■ Work request ■
Using the records below, give again exactly the lines from the line that contains "pub within : IsWithin" through the line that contains "-- If the comparison", both ends included, and only those.

*** Block opens ***

-- ===== src/MoneyManager/Risk/Allocation.antt =====
-- moneymanager/pkg/risk/allocator.go and ev.go: the limits that an allocation keeps.
use calculated_tennis.Base.{
  ◌≡◌, refl, true, false, ◌&&◌, Option, none, some, if◌then◌else◌, ok, Text, text_test,
  text_test_iff, ℤ, arith, ◌↔◌, Float64,
}
use calculated_tennis.MoneyManager.Decimals.{Decimal}
use calculated_tennis.MoneyManager.Risk.{
  Config, allocated, size_of, allocate, side_buy, side_sell, validate_win_probability,
  expected_value_buy_price, validate_positive_ev,
}

-- `GreaterThan` is a strict order of the values.
pub record IsOrdered (M : Decimal) : Type 0 where
  pub irrefl : (a : M.D) → M.greater a a ≡ false
  pub asym : (a b : M.D) → M.greater a b ≡ true → M.greater b a ≡ false
  pub trans : (a b c : M.D) → M.greater a b ≡ false → M.greater b c ≡ false → M.greater a c ≡ false

module _ (M : Decimal) (cfg : Config M) where
  -- What the configuration allows one order to cost.
  pub record IsWithin (available capital : M.D) : Type 0 where
    pub balance : M.greater capital available ≡ false
    pub share : M.greater capital (M.mul available cfg.max_pct_balance) ≡ false
    pub cap : M.is_positive cfg.max_order_usdc ≡ true → M.greater capital cfg.max_order_usdc ≡ false

  allocated-IsWithin : (a : M.D) → IsOrdered M → IsWithin a (allocated M cfg a)
  allocated-IsWithin a o =
      let share = M.mul a cfg.max_pct_balance in
      let m = cfg.max_order_usdc in
      let capped = if M.is_positive m && M.greater share m then m else share in
      let x : M.greater capped share ≡ false = ground (arith, o.irrefl share, o.asym share m) in
      let y : M.is_positive m ≡ true → M.greater capped m ≡ false = ground (arith, o.irrefl m) in
      let z = o.asym capped a in
      record {
        balance = ground (arith, o.irrefl a);
        share = ground (arith, z, o.trans a capped share, x);
        cap = λ p. ground (arith, z, o.trans a capped m, y p);
      }

  -- An order that the rules permit, with its size.
  pub record IsPermitted (balance : Option ℤ) (side : Text) (price size : M.D) : Type 0 where
    pub buys : side ≡ side_buy
    pub priced : M.is_positive price ≡ true
    pub raw : ℤ
    pub read : balance ≡ some raw
    pub funded : M.is_positive (M.of_micro raw) ≡ true
    pub capital : M.D
    pub within : IsWithin (M.of_micro raw) capital
    pub positive : M.is_positive capital ≡ true
    pub sized : size ≡ M.truncate (M.div capital price)
    pub enough : M.less size cfg.min_share_size ≡ false

  -- If the comparison of decimals is a strict order: a size that Allocate returns is for a BUY at a
  -- positive price, on a balance that was read and is positive; it is the truncated quotient by the
  -- price of a positive capital that exceeds neither the balance nor its permitted share nor the
  -- cap, where there is one; and it is not below the least size.
  pub allocate-IsPermitted :
      (balance : Option ℤ) (side : Text) (price size : M.D)
      → IsOrdered M
      → allocate M cfg balance side price ≡ ok size
      → IsPermitted balance side price size
  unfolding allocate size_of
  allocate-IsPermitted none side price size o e = ground arith
  allocate-IsPermitted (some raw) side price size o e =
      let a = M.of_micro raw in
      let b = text_test_iff side side_buy in
      record {
        buys = ground arith;
        priced = ground arith;
        raw = raw;
        read = refl;
        funded = ground arith;
        capital = allocated M cfg a;
        within = allocated-IsWithin a o;
        positive = ground arith;
        sized = ground arith;
        enough = ground arith;
      }

module _ (M : Decimal) (N : Float64) (of_float : N.F → M.D) where
  -- ValidatePositiveEV accepts exactly a BUY at a positive price whose probability is a number
  -- above 0 and at most 1, and whose expected value at that price is positive.
  pub validate_positive_ev_iff :
      (p : N.F) (side : Text) (price : M.D)
      → (validate_positive_ev M N of_float p side price ≡ ok tt) ↔ (
          (side ≡ side_buy)
          × (M.is_positive price ≡ true)
          × (N.le p p ≡ true)
          × (N.le p N.zero ≡ false)
          × (N.lt N.one p ≡ false)
          × (M.is_positive (M.sub (M.div (of_float p) price) (M.of_int 1)) ≡ true))
  unfolding validate_positive_ev validate_win_probability expected_value_buy_price
  validate_positive_ev_iff p side price =
      let b = text_test_iff side side_buy in
      let other : side ≡ side_buy → text_test side side_sell ≡ false = λ e. rw e refl in
      ground arith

*** Block closes ***

■ Result of the task ■
    pub within : IsWithin (M.of_micro raw) capital
    pub positive : M.is_positive capital ≡ true
    pub sized : size ≡ M.truncate (M.div capital price)
    pub enough : M.less size cfg.min_share_size ≡ false

  -- If the comparison of decimals is a strict order: a size that Allocate returns is for a BUY at a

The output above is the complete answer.